Respuesta a un artículo anterior de esta revista. El futuro del sector rural está en escuchar las voces de los y las campesinas, los pequeños productores, las comunidades indígenas y afrodescendientes que proponen formas de pensar las relaciones de propiedad y de producción agrícola respetuosas con el medio ambiente.
Natalia Pérez*
El debate
En la última edición de Razón Pública, Enrique Herrera afirmó que “el verdadero problema de la tierra en Colombia” no es su tenencia, sino el uso que le damos. Según Herrera, si “nos enfocamos en la agricultura digital, orgánica, saludable y amigable con el medio ambiente”, la tierra será más productiva ya que atraerá la inversión extranjera.
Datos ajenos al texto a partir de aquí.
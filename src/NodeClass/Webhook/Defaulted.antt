-- ===== src/NodeClass/Webhook/Defaulted.antt =====
-- What a successful Default keeps, and what it breaks.
use karpenter_provider_aliba.Prelude.{
  Outcome-cases, String, ap, arith, inl, inr, ok, ok_injective, refl, some, sym, ◌∙◌, ◌≡◌, ◌≢◌,
}
use karpenter_provider_aliba.NodeClass.{EcsNodeClassSpec}
use karpenter_provider_aliba.NodeClass.Disks.{NormalizedDisks, normalize_disks}
use karpenter_provider_aliba.NodeClass.Validation.{validate}
use karpenter_provider_aliba.NodeClass.Validation.Accepted.{validate-IsTemplateAlone}
use karpenter_provider_aliba.NodeClass.Webhook.{default_spec, fill_in}
use karpenter_provider_aliba.NodeClass.Webhook.Again.{fill_in_again}
use karpenter_provider_aliba.NodeClass.Webhook.Kept.{normalize_disks-fill_in}

default_spec-filled :
    (spec spec' : EcsNodeClassSpec)
    → default_spec spec ≡ ok spec'
    → (n : NormalizedDisks) × (normalize_disks spec ≡ ok n) × (fill_in n spec ≡ spec')
unfolding default_spec
default_spec-filled spec spec' h = elim (Outcome-cases (normalize_disks spec)) [
  | inl (n, e) ↦ (n, e, ok_injective (rw (e, default_spec) at h))
  | inr (e, bad) ↦ ground (arith, rw (bad, default_spec) at h)
]

-- When Default succeeds, the specification that it leaves stands for the same disks as before, and
-- a second Default changes nothing.
pub default_spec-kept :
    (spec spec' : EcsNodeClassSpec)
    → default_spec spec ≡ ok spec'
    → (normalize_disks spec' ≡ normalize_disks spec) × (default_spec spec' ≡ ok spec')
unfolding default_spec
default_spec-kept spec spec' h =
    let (n, normal, filled) = default_spec-filled spec spec' h in
    let kept = sym (ap normalize_disks filled) ∙ normalize_disks-fill_in spec n normal in
    (
      kept ∙ sym normal,
      refilled kept ∙ ap ok (ap (fill_in n) (sym filled) ∙ (fill_in_again n spec ∙ filled)),
    )
  where
    refilled :
        {n : NormalizedDisks}
        → normalize_disks spec' ≡ ok n
        → default_spec spec' ≡ ok (fill_in n spec')
    refilled e = rw (e, default_spec) refl

-- No specification with a launch template passes Validate after Default, which gives it the system disk
-- that Validate forbids beside a launch template.
pub default_spec-validate :
    (spec spec' : EcsNodeClassSpec) (id : String)
    → spec.launch_template_id ≡ some id
    → default_spec spec ≡ ok spec'
    → validate spec' ≢ ok tt
unfolding fill_in
default_spec-validate spec spec' id template h accepted =
    let (n, normal, filled) = default_spec-filled spec spec' h in
    let alone =
      validate-IsTemplateAlone spec' id (ap (λ s. s.launch_template_id) (sym filled) ∙ template)
        accepted in
    let set = ap (λ s. s.system_disk) filled ∙ alone.no_system_disk in cc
Y sin embargo, la semana pasada, cientos de organizaciones y movimientos sociales, que representan a cerca de 380 millones de campesinos, indígenas y consumidores, boicotearon la Cumbre de Naciones Unidas sobre los Sistemas Alimentarios. Según los manifestantes, la cumbre favorece los intereses de las corporaciones y su intención de continuar impulsando la expansión de la agricultura industrial intensiva.
¿Cómo se relaciona el artículo de Enrique Herrera con el boicot a la Cumbre de Naciones Unidas? ¿Cuál es el futuro de la agricultura en Latinoamérica y el resto del mundo?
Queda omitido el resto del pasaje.